Exercise aim -
Produce an exact copy of the data below.

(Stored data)

Content starts

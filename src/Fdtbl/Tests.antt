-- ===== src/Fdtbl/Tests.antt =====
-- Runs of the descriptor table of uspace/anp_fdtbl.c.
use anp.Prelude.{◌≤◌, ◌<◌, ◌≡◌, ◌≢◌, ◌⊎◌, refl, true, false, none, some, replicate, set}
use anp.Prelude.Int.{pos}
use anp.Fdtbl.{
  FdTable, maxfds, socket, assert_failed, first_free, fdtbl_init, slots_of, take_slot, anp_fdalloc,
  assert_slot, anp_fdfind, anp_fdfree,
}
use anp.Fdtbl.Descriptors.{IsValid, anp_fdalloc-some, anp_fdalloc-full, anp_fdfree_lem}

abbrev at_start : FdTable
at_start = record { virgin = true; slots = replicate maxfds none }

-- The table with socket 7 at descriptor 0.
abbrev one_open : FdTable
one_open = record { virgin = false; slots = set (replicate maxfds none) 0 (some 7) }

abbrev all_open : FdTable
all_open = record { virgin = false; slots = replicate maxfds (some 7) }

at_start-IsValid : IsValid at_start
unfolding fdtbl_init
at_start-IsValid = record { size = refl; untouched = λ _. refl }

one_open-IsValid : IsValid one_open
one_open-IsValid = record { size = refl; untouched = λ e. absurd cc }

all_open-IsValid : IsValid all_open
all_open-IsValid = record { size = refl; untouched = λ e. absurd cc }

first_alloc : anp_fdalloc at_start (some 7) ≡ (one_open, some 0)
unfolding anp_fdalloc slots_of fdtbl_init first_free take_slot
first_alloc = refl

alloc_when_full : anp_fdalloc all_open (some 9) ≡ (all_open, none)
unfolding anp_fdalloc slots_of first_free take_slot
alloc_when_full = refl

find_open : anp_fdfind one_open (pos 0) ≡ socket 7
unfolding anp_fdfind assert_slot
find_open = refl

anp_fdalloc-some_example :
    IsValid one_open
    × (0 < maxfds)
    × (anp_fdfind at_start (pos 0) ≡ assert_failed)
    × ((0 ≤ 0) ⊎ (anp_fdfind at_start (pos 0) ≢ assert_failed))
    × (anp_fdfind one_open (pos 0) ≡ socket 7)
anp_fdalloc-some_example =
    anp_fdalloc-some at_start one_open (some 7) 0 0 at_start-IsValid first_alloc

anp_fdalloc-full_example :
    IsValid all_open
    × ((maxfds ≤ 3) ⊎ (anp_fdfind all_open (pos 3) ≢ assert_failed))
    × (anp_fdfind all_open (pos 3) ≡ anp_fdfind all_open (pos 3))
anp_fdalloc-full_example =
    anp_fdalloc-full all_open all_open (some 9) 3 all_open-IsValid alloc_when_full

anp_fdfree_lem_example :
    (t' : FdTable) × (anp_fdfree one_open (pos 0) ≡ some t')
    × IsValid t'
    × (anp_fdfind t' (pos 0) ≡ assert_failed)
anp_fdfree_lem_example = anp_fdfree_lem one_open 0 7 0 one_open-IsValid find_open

Content ends

Answer to the problem -
filename src/Fdtbl/Tests.antt
-- ===== src/Fdtbl/Tests.antt =====
-- Runs of the descriptor table of uspace/anp_fdtbl.c.
use anp.Prelude.{◌≤◌, ◌<◌, ◌≡◌, ◌≢◌, ◌⊎◌, refl, true, false, none, some, replicate, set}
use anp.Prelude.Int.{pos}
use anp.Fdtbl.{
  FdTable, maxfds, socket, assert_failed, first_free, fdtbl_init, slots_of, take_slot, anp_fdalloc,
  assert_slot, anp_fdfind, anp_fdfree,
}
use anp.Fdtbl.Descriptors.{IsValid, anp_fdalloc-some, anp_fdalloc-full, anp_fdfree_lem}

abbrev at_start : FdTable
at_start = record { virgin = true; slots = replicate maxfds none }

-- The table with socket 7 at descriptor 0.
abbrev one_open : FdTable
one_open = record { virgin = false; slots = set (replicate maxfds none) 0 (some 7) }

abbrev all_open : FdTable
all_open = record { virgin = false; slots = replicate maxfds (some 7) }

at_start-IsValid : IsValid at_start
unfolding fdtbl_init
at_start-IsValid = record { size = refl; untouched = λ _. refl }

one_open-IsValid : IsValid one_open
one_open-IsValid = record { size = refl; untouched = λ e. absurd cc }

all_open-IsValid : IsValid all_open
all_open-IsValid = record { size = refl; untouched = λ e. absurd cc }

first_alloc : anp_fdalloc at_start (some 7) ≡ (one_open, some 0)
unfolding anp_fdalloc slots_of fdtbl_init first_free take_slot
first_alloc = refl

alloc_when_full : anp_fdalloc all_open (some 9) ≡ (all_open, none)
unfolding anp_fdalloc slots_of first_free take_slot
alloc_when_full = refl

find_open : anp_fdfind one_open (pos 0) ≡ socket 7
unfolding anp_fdfind assert_slot
find_open = refl

anp_fdalloc-some_example :
    IsValid one_open
    × (0 < maxfds)
    × (anp_fdfind at_start (pos 0) ≡ assert_failed)
    × ((0 ≤ 0) ⊎ (anp_fdfind at_start (pos 0) ≢ assert_failed))
    × (anp_fdfind one_open (pos 0) ≡ socket 7)
anp_fdalloc-some_example =
    anp_fdalloc-some at_start one_open (some 7) 0 0 at_start-IsValid first_alloc

anp_fdalloc-full_example :
    IsValid all_open
    × ((maxfds ≤ 3) ⊎ (anp_fdfind all_open (pos 3) ≢ assert_failed))
    × (anp_fdfind all_open (pos 3) ≡ anp_fdfind all_open (pos 3))
anp_fdalloc-full_example =
    anp_fdalloc-full all_open all_open (some 9) 3 all_open-IsValid alloc_when_full

anp_fdfree_lem_example :
    (t' : FdTable) × (anp_fdfree one_open (pos 0) ≡ some t')
    × IsValid t'
    × (anp_fdfind t' (pos 0) ≡ assert_failed)
anp_fdfree_lem_example = anp_fdfree_lem one_open 0 7 0 one_open-IsValid find_open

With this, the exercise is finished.